VL2: A Scalable and Flexible Data Center Network

A. Greenberg, J. R. Hamilton, N. Jain, S. Kandula, C. Kim, P. Lahiri, D. A. Maltz, P. Patel, S. Sengupta, "VL2: A Scalable and Flexible Data Center Network," ACM SIGCOMM 2009, (August 2009).

One line summary: This paper presents VL2, a data center network architecture that provides layer 2 semantics, high capacity, and performance isolation between services using flat addressing, Valiant Load Balancing, and a directory service for mappings, and runs over a Clos topology.

Summary

This paper presents a data center network architecture called VL2. The goals of VL2 are to achieve uniform high capacity, performance isolation between services, layer 2 semantics, as well as agility (the ability to assign any server to any service). VL2 is built from low cost switches arranged into a Clos topology and uses Valiant Load Balancing (VLB) to spread traffic across available paths and adapt to volatility in traffic and failure patterns. The authors of the paper first conduct a data center traffic analysis by implementing a data center that supports data mining.
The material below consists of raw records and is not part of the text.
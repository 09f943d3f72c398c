-- ===== src/Engine/Schedule/Final.antt =====
-- Final rows: no event changes them.
use influence_platform.Prelude.{ℕ, zero, suc, ◌≡◌, refl, ◌∙◌, ap, true, List, [], ◌∷◌, arith}
use influence_platform.Engine.Target.{
  claim, mark_published, record_published, schedule_retry, mark_failed, recover_stale, is_final,
}
use influence_platform.Engine.Command.{
  Stage, adapting, Reply, answers, adapter, throws, AdapterReply, Shared, triage, adapted, proceed,
  resume,
}
use influence_platform.Engine.Schedule.Attempts.{crash_at-target}
use influence_platform.Engine.Schedule.{
  World, Event, takes, resumes, crashes, recovers_stale, resume_at, step, run, take_message,
}

proceed_final :
    (st : Stage) (s : Shared) → is_final s.target.status ≡ true → (proceed st s).1.target ≡ s.target
unfolding proceed triage claim mark_published record_published schedule_retry mark_failed
proceed_final st s final = ground (arith, final)

adapted_target : (a : AdapterReply) (s : Shared) → (adapted a s).1.target ≡ s.target
unfolding adapted
adapted_target a s = ground arith

resume_final :
    (st : Stage) (r : Reply) (s : Shared)
    → is_final s.target.status ≡ true
    → (resume st r s).1.target ≡ s.target
unfolding resume
resume_final st answers s final = proceed_final st s final
resume_final adapting (adapter a) s final = adapted_target a s
resume_final st (adapter a) s final = refl
resume_final st (throws m) s final = refl

resume_at_final :
    (i : ℕ) (r : Reply) (hs : List Stage) (s : Shared)
    → is_final s.target.status ≡ true
    → (resume_at i r hs s).1.target ≡ s.target
unfolding resume_at
resume_at_final i r [] s final = refl
resume_at_final zero r (h ∷ hs) s final = resume_final h r s final
resume_at_final (suc i) r (h ∷ hs) s final = resume_at_final i r hs s final

step_final :
    (e : Event) (w : World)
    → is_final w.shared.target.status ≡ true
    → (step e w).shared.target ≡ w.shared.target
unfolding step take_message recover_stale
step_final (takes p) w final = ground arith
step_final (resumes i r) w final = resume_at_final i r w.handlers w.shared final
step_final (crashes i) w final = (crash_at-target i w.handlers w.shared).0
step_final recovers_stale w final = ground (arith, final)
step_final e w final = ground arith

-- Under every schedule of the workers, whatever throws or crashes, a row that is published, failed or
-- uncertain stays as it is, its post, its error and its retries included; a retry by an operator is no
-- event of a schedule.
pub run_final :
    (es : List Event) (w : World)
    → is_final w.shared.target.status ≡ true
    → (run es w).shared.target ≡ w.shared.target
unfolding run
run_final [] w final = refl
run_final (e ∷ es) w final =
    let kept = step_final e w final in
    run_final es (step e w) (ap (λ t. is_final t.status) kept ∙ final) ∙ kept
From this their major findings were that (1) the majority of flows are small, (2) the number of concurrent flows through a machine is around ten more than half the time, (3) the variability in traffic patterns is not easily summarized and there are a large number of representative traffic matrices, (4) traffic patterns change nearly constantly and unpredictably, (5) most failures are small in size, and (6) the main causes of downtimes are network misconfigurations, firmware bugs, and faulty components, and there is no obvious way to eliminate failures from the top of the data center topology hierarchy.

Briefly, VL2 operates as follows. VL2 is built on a Clos network topology. It uses two different kinds of addresses: location specific IP addresses (LAs) and application specific IP addresses (AAs). All switches and interfaces have LAs. Each server has an AA that remains the same no matter where the application is located and is assigned when the server is provisioned to a service. All servers within a service believe they are in the same subnet. The AA of a server is associated with the LA of the ToR switch to which the server is connected. Switches run a link-state routing protocol using these LAs. In performing routing, VL2 uses VLB to distribute traffic across intermediate switches and ECMP to distribute across equal cost paths. There is a VL2 agent at each server that encapsulates packets emanating from the servers within a packet that has the LA address of the destination ToR in the header. A directory service stores AA-LA-MAC address mappings. The directory service consists of a number of read-optimized directory services that cache AA-LA mappings and a smaller number of write-optimized replicated state machine servers that reliably store AA-LA mappings. The directory service performs lookups, updates, and reactive cache updates.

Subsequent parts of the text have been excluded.